ITS making me loopy!!

ITS making me loopy!!

ITS making me loopy!! Hi Girls

I had my ovaries out at the end of August and although I had some hot flushes I don’t think anyone explained the other possible side effects that would happen.

I do try to pack too much into my days and as someone mentioned to me the other day I am now trying to get back to what was ‘normal’ for me before bc, but to be honest my work load and home life was punishing then, so why the heck do I seem hell bent on getting back into that old routine once again. 'Been there & NOT learned my lesson!

Anyway Im sidetracking, I had worked my 15 hours last week, walked the dogs between 5 - 8 miles per day, then I tried to cook everything from scratch for ‘the family’. This saw me on Sunday, making a casserole, baking an apple pie and two loaves of bread, cleaning walking the dogs and it was perfectly finished off (I was at screaming pitch at this point) trying to mow the garden and I was sure my other half (who was at work) had hidden the cable. I swear I would have committed murder had the poor man been there.
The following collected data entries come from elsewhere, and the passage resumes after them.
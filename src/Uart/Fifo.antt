-- ===== src/Uart/Fifo.antt =====
-- The receive and transmit FIFOs of uart_16550a.c, and the backlog behind the receive FIFO.
use modvm.Prelude.{
  ℕ, zero, suc, ◌+◌, ◌-◌, ◌%◌, Bool, true, false, ◌&&◌, List, [], ◌∷◌, ltb, leb, ◌==◌, ◌!=◌,
  if◌then◌else◌, get_or, set,
}
use modvm.Uart.{
  Uart, Console, wrote, resumed, reported, emit, has, clear, raise, fifo_size, backlog_size,
  backlog_low_watermark, lsr_dr, lsr_oe, lsr_tx_empty, fcr_enable_fifo,
}

unfoldable pub rx_fifo_clear : Uart → Uart
rx_fifo_clear u = record u {
  rx_head = 0;
  rx_tail = 0;
  rx_cnt = 0;
  lsr = clear u.lsr (lsr_dr + lsr_oe);
}

unfoldable pub tx_fifo_clear : Uart → Uart
tx_fifo_clear u = record u {
  tx_head = 0;
  tx_tail = 0;
  tx_cnt = 0;
  lsr = raise u.lsr lsr_tx_empty;
  thre_int_pending = true;
}

unfoldable pub rx_fifo_push : Uart → ℕ → Uart
rx_fifo_push u c =
    if leb fifo_size u.rx_cnt then record u { lsr = raise u.lsr lsr_oe } else record u {
      rx_fifo = set u.rx_fifo u.rx_head c;
      rx_head = (u.rx_head + 1) % fifo_size;
      rx_cnt = (u.rx_cnt + 1) % 256;
      lsr = raise u.lsr lsr_dr;
    }

-- One round of the loop of `uart_16550a_rx_fifo_refill`.
unfoldable pub refill_step : Uart → Uart
unfolding rx_fifo_push
refill_step u =
    let v = rx_fifo_push u (get_or u.backlog_fifo u.backlog_tail 0) in
    record v { backlog_tail = (v.backlog_tail + 1) % backlog_size; backlog_cnt = v.backlog_cnt - 1 }

unfoldable pub refill_test : Uart → Bool
refill_test u = ltb 0 u.backlog_cnt && ltb u.rx_cnt fifo_size

-- The loop, on fuel; each round takes a byte off the backlog, so its count is enough.
unfoldable pub refill_loop : ℕ → Uart → Bool → Uart × Bool
unfolding refill_step refill_test
refill_loop zero u pushed = (u, pushed)
refill_loop (suc fuel) u pushed = elim (refill_test u) [
  | true ↦ refill_loop fuel (refill_step u) true
  | false ↦ (u, pushed)
]

-- After a push: whether bytes wait below the trigger level.
unfoldable pub update_timeout : Bool → Uart → Uart
update_timeout true u = record u {
  rx_timeout = has u.fcr fcr_enable_fifo && (ltb 0 u.rx_cnt && ltb u.rx_cnt u.rx_trigger_level);
}
update_timeout false u = u

-- The bytes that the loop of `uart_16550a_tx_flush` copies, and the tail that it leaves.
unfoldable pub tx_collect : ℕ → List ℕ → ℕ → List ℕ × ℕ
tx_collect zero fifo tail = ([], tail)
tx_collect (suc n) fifo tail =
    let (rest, tail') = tx_collect n fifo ((tail + 1) % fifo_size) in
    (get_or fifo tail 0 ∷ rest, tail')

module _ (console : Console) where
  -- Below the low watermark a paused console is resumed.
  unfoldable pub release_backpressure : Uart → Uart
  release_backpressure u =
      if u.rx_paused && ltb u.backlog_cnt backlog_low_watermark
      then (let ret = console.resume u.log in
          let v = emit resumed u in
          if ret != 0 then emit (reported ret) v else record v { rx_paused = false })
      else u

  unfoldable pub rx_fifo_refill : Uart → Uart
  unfolding refill_loop release_backpressure update_timeout
  rx_fifo_refill u =
      let (v, pushed) = refill_loop u.backlog_cnt u false in
      update_timeout pushed (release_backpressure v)

  -- Hand the bytes to the console, if there is one.
  unfoldable pub tx_drain : Uart → Uart
  unfolding tx_collect
  tx_drain u =
      if u.has_console
      then (let (buf, tail) = tx_collect u.tx_cnt u.tx_fifo u.tx_tail in
          let ret = console.write u.log buf in
          let v = emit (wrote buf) (record u { tx_tail = tail }) in
          if ret != 0 then emit (reported ret) v else v)
      else u

  unfoldable pub tx_flush : Uart → Uart
  unfolding tx_drain
  tx_flush u =
      let v = (if ltb 0 u.tx_cnt then record (tx_drain u) { tx_cnt = 0 } else u) in
      record v { lsr = raise v.lsr lsr_tx_empty; thre_int_pending = true }

unfoldable pub rx_fifo_pop : Uart → Uart × ℕ
rx_fifo_pop u =
    if u.rx_cnt == 0
    then (u, 0)
    else (let cnt = u.rx_cnt - 1 in
        (
          record u {
            rx_tail = (u.rx_tail + 1) % fifo_size;
            rx_cnt = cnt;
            rx_timeout = false;
            lsr = (if cnt == 0 then clear u.lsr lsr_dr else u.lsr);
          },
          get_or u.rx_fifo u.rx_tail 0,
        ))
I just felt VERY pmt, but I thought that all that was all finished now!
On Monday I started to feel really queasy and my hot flushes were going strong, by the end of the day I just crawled into bed and slept until 6.30am the following morning.

Anyway, I went to see my lovely lady GP who said that what I was feeling was all due to the lack of oestrogen, (that nasty thing that some of us are allergic to!) when the ovaries are removed it is like walking into a brick wall. My bones all ached, me neck and head were really sore and stiff, I so wanted to develop a really nasty cold or something just so that I could blame it on something.
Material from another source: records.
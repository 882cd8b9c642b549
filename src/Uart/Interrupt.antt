-- ===== src/Uart/Interrupt.antt =====
-- The interrupt identification, the interrupt line and the modem status of uart_16550a.c.
use modvm.Prelude.{ℕ, ◌/◌, Bool, ◌&&◌, not, ltb, leb, if◌then◌else◌, bit_and, bit_or, bit_xor}
use modvm.Uart.{
  Uart, irq_level, emit, has, ier_msi, ier_rlsi, ier_thri, ier_rdi, fcr_enable_fifo, mcr_loop,
  lsr_brk_error_bits, msr_any_delta, msr_ri, msr_teri,
}

unfoldable pub loopback_is_enabled : Uart → Bool
loopback_is_enabled u = has u.mcr mcr_loop

unfoldable pub trigger_reached : Uart → Bool
trigger_reached u =
    if has u.fcr fcr_enable_fifo then leb u.rx_trigger_level u.rx_cnt else ltb 0 u.rx_cnt

-- Priorities 3 and 4 of `uart_16550a_iir_get`, and no interrupt at all.
unfoldable pub iir_low : Uart → ℕ → ℕ
iir_low u iir =
    if has u.ier ier_thri && u.thre_int_pending
    then bit_or iir 0x02
    else if has u.ier ier_msi && has u.msr msr_any_delta
    then bit_or iir 0x00
    else bit_or iir 0x01

unfoldable pub iir_get : Uart → ℕ
unfolding trigger_reached iir_low
iir_get u =
    let iir : ℕ = (if has u.fcr fcr_enable_fifo then 0xc0 else 0x00) in
    if has u.ier ier_rlsi && has u.lsr lsr_brk_error_bits
    then bit_or iir 0x06
    else if has u.ier ier_rdi && trigger_reached u
    then bit_or iir 0x04
    else if has u.ier ier_rdi && u.rx_timeout
    then bit_or iir 0x0c
    else iir_low u iir

unfoldable pub irq_update : Uart → Uart
unfolding iir_get
irq_update u = emit (irq_level (not (has (iir_get u) 0x01))) u

-- The wiring of the modem lines.
unfoldable pub modem_lines : Uart → ℕ
unfolding loopback_is_enabled
modem_lines u =
    if not (loopback_is_enabled u)
    then 0xb0
    else (let a : ℕ = (if has u.mcr 0x01 then 0x20 else 0) in
        let b = (if has u.mcr 0x02 then bit_or a 0x10 else a) in
        let c = (if has u.mcr 0x04 then bit_or b 0x40 else b) in
        if has u.mcr 0x08 then bit_or c 0x80 else c)

unfoldable pub msr_update : Uart → Uart
unfolding modem_lines
msr_update u =
    let old_msr = u.msr in
    let new_msr = modem_lines u in
    let changed = bit_and (bit_xor old_msr new_msr) 0xb0 / 16 in
    let delta =
      (if has old_msr msr_ri && not (has new_msr msr_ri)
        then bit_or changed msr_teri
        else changed) in
    record u { msr = bit_or (bit_or new_msr (bit_and old_msr msr_any_delta)) delta }
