-- ===== src/Uart/Regs.antt =====
-- `uart_16550a_reg_read` and `uart_16550a_reg_write`: one register access.
use modvm.Prelude.{
  ℕ, zero, suc, ◌+◌, ◌%◌, Bool, true, false, ◌&&◌, not, ◌==◌, if◌then◌else◌, set, bit_and,
}
use modvm.Uart.{
  Uart, Console, has, clear, raise, fifo_size, lcr_dlab, lcr_sbc, lsr_bi, lsr_brk_error_bits,
  lsr_tx_empty, msr_any_delta, ier_thri, fcr_enable_fifo, fcr_clear_rcvr, fcr_clear_xmit,
}
use modvm.Uart.Fifo.{rx_fifo_clear, tx_fifo_clear, rx_fifo_push, rx_fifo_pop, tx_flush}
use modvm.Uart.Interrupt.{iir_get, msr_update, loopback_is_enabled}

unfoldable pub dlab_is_set : Uart → Bool
dlab_is_set u = has u.lcr lcr_dlab

-- Registers by offset. UART_RX and UART_TX, UART_IIR and UART_FCR share one.
pub data Reg : Type 0 where
  rx_tx ier iir_fcr lcr mcr lsr msr scr none : Reg

abbrev pub reg_of : ℕ → Reg
reg_of zero = rx_tx
reg_of (suc zero) = ier
reg_of (suc (suc zero)) = iir_fcr
reg_of (suc (suc (suc zero))) = lcr
reg_of (suc (suc (suc (suc zero)))) = mcr
reg_of (suc (suc (suc (suc (suc zero))))) = lsr
reg_of (suc (suc (suc (suc (suc (suc zero)))))) = msr
reg_of (suc (suc (suc (suc (suc (suc (suc zero))))))) = scr
reg_of (suc (suc (suc (suc (suc (suc (suc (suc n)))))))) = none

unfoldable pub reg_read : Uart → Reg → Uart × ℕ
unfolding dlab_is_set iir_get rx_fifo_pop
reg_read u rx_tx = if dlab_is_set u then (u, u.dll) else rx_fifo_pop u
reg_read u ier = if dlab_is_set u then (u, u.dlm) else (u, u.ier)
reg_read u iir_fcr =
    let val = iir_get u in
    (if bit_and val 0x0e == 0x02 then record u { thre_int_pending = false } else u, val)
reg_read u lcr = (u, u.lcr)
reg_read u mcr = (u, u.mcr)
reg_read u lsr = (record u { lsr = clear u.lsr lsr_brk_error_bits }, clear u.lsr 0x80)
reg_read u msr = (record u { msr = clear u.msr msr_any_delta }, u.msr)
reg_read u scr = (u, u.scr)
reg_read u none = (u, 0xff)

-- The trigger level of bits 6 and 7.
unfoldable pub trigger_level : ℕ → ℕ
trigger_level val =
    let bits = bit_and val 0xc0 in
    if bits == 0x00 then 1 else if bits == 0x40 then 4 else if bits == 0x80 then 8 else 14

unfoldable pub write_ier : Uart → ℕ → Uart
write_ier u val =
    let new = bit_and val 0x0f in
    record u {
      ier = new;
      thre_int_pending =
          (if not (has u.ier ier_thri) && (has new ier_thri && u.tx_cnt == 0)
            then true
            else u.thre_int_pending);
    }

unfoldable pub write_fcr : Uart → ℕ → Uart
unfolding rx_fifo_clear tx_fifo_clear trigger_level
write_fcr u written =
    let val = bit_and written 0xcf in
    if not (has val fcr_enable_fifo)
    then tx_fifo_clear (rx_fifo_clear (record u { fcr = 0; rx_trigger_level = 1 }))
    else (let a = record u { fcr = clear val (fcr_clear_rcvr + fcr_clear_xmit) } in
        let b = (if has val fcr_clear_rcvr then rx_fifo_clear a else a) in
        let c = (if has val fcr_clear_xmit then tx_fifo_clear b else b) in
        record c { rx_trigger_level = trigger_level val })

unfoldable pub write_lcr : Uart → ℕ → Uart
unfolding loopback_is_enabled
write_lcr u val = record u {
  lcr = val;
  lsr =
      (if loopback_is_enabled u
        then (if has val lcr_sbc then raise u.lsr lsr_bi else clear u.lsr lsr_bi)
        else u.lsr);
}

module _ (console : Console) where
  -- A byte for the transmitter: looped back, or queued and flushed at once.
  unfoldable pub write_tx : Uart → ℕ → Uart
  unfolding loopback_is_enabled rx_fifo_push tx_flush
  write_tx u val =
      if loopback_is_enabled u
      then rx_fifo_push u val
      else tx_flush console (record u {
        tx_fifo = set u.tx_fifo u.tx_head val;
        tx_head = (u.tx_head + 1) % fifo_size;
        tx_cnt = (u.tx_cnt + 1) % 256;
        lsr = clear u.lsr lsr_tx_empty;
        thre_int_pending = false;
      })

  unfoldable pub reg_write : Uart → Reg → ℕ → Uart
  unfolding dlab_is_set write_tx write_ier write_fcr write_lcr msr_update
  reg_write u rx_tx val = if dlab_is_set u then record u { dll = val } else write_tx u val
  reg_write u ier val = if dlab_is_set u then record u { dlm = val } else write_ier u val
  reg_write u iir_fcr val = write_fcr u val
  reg_write u lcr val = write_lcr u val
  reg_write u mcr val = msr_update (record u { mcr = bit_and val 0x1f })
  reg_write u lsr val = u
  reg_write u msr val = u
  reg_write u scr val = record u { scr = val }
  reg_write u none val = u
When I felt the tiredness it took me back to chemo days and it was like a flashback, really dreadful. She recommended that I talk to someone about my feelings.

Anyway, now to have gone on, but basically just wanted to know if anyone else had all these dreadful aches and pains after having their ovaries out?

Love Debbie x

Further Information Hi LancsLass

Sorry you are suffering with menopausal symptoms at the moment. I have given a link below to a factsheet produced by Breast Cancer Care which you may find of interest:

breastcancercare.org.uk/docs/ovarian_feb_06_0.pdf

I am sure you will also receive further advice and support from other users on the forums.

Kind regards

Online Host
Breast Cancer Care

I sound like your twin at the moment, i too had my ovaries out in August and the symtoms are really kicking in now. Hot flushes are quite embarrassing sometimes, i’m never quite sure whether to explain myself when i suddenly become bright red and soaking wet in the company of strangers. Unfortunately this is all happening at the same time that i have gone back too work and trying to be superwoman again, (and failing ) I try to incorporate plenty of excercise into my daily routine, home cooking healthy organic food and lots of quality time with the kids! Most of the time when i’m walking or at the gym my limbs feel fatigued and weak, in a morning i ache so much i feel like the tinman and wish someone would oil the joints.
i am more tired now than i ever was during chemo and rads. My emotions are all over the place and i do catch myself snapping at the kids inapropriately. Its difficult to work out if the moods are caused by tiredness, caused by night sweats and working again or the op and medication (arimidex). i feel some depression around the feeling of suddenly aging, i worry about bone health,hairy chin, grey hair and all the delights of premature aging, this does however, feel shallow and self indulgent considering what we have all been through.
What ever the reasons i am now realising that i need to slow down, I am not quite ready to step back on the world at full speed yet, however frustrating this maybe. I think i need to have smaller, more achievable goals as the sense of failure doesn’t help an already fragile confidence.
I would love to hear tips from others as I am still keen to stick a healthy lifestyle particularly with diet and excercise.

so glad to read your post I too had ovaries out in september and was so glad when i read what you had written last night. Some days i have a real energy spurt then i crash down feeling awful. My head is always fuzzy and can’t seem to think straight, my eyes and ears feel strange and i get loads of headaches, maybe that is from the tamoxifen.I have days of feeling that i can’t cope. I was always a person that was so in control, now i feel like a shadow of my old self. Of all this treatment and stress etc etc ( the list is endless) the one thing that i am now finding so hard is the total lack of energy i have. What i would like to know is will we stay like this??? is this the menopause for us or will we get any better as the years roll on!!! if there are any ladies out there that had ovaries out a few years ago please let me know!!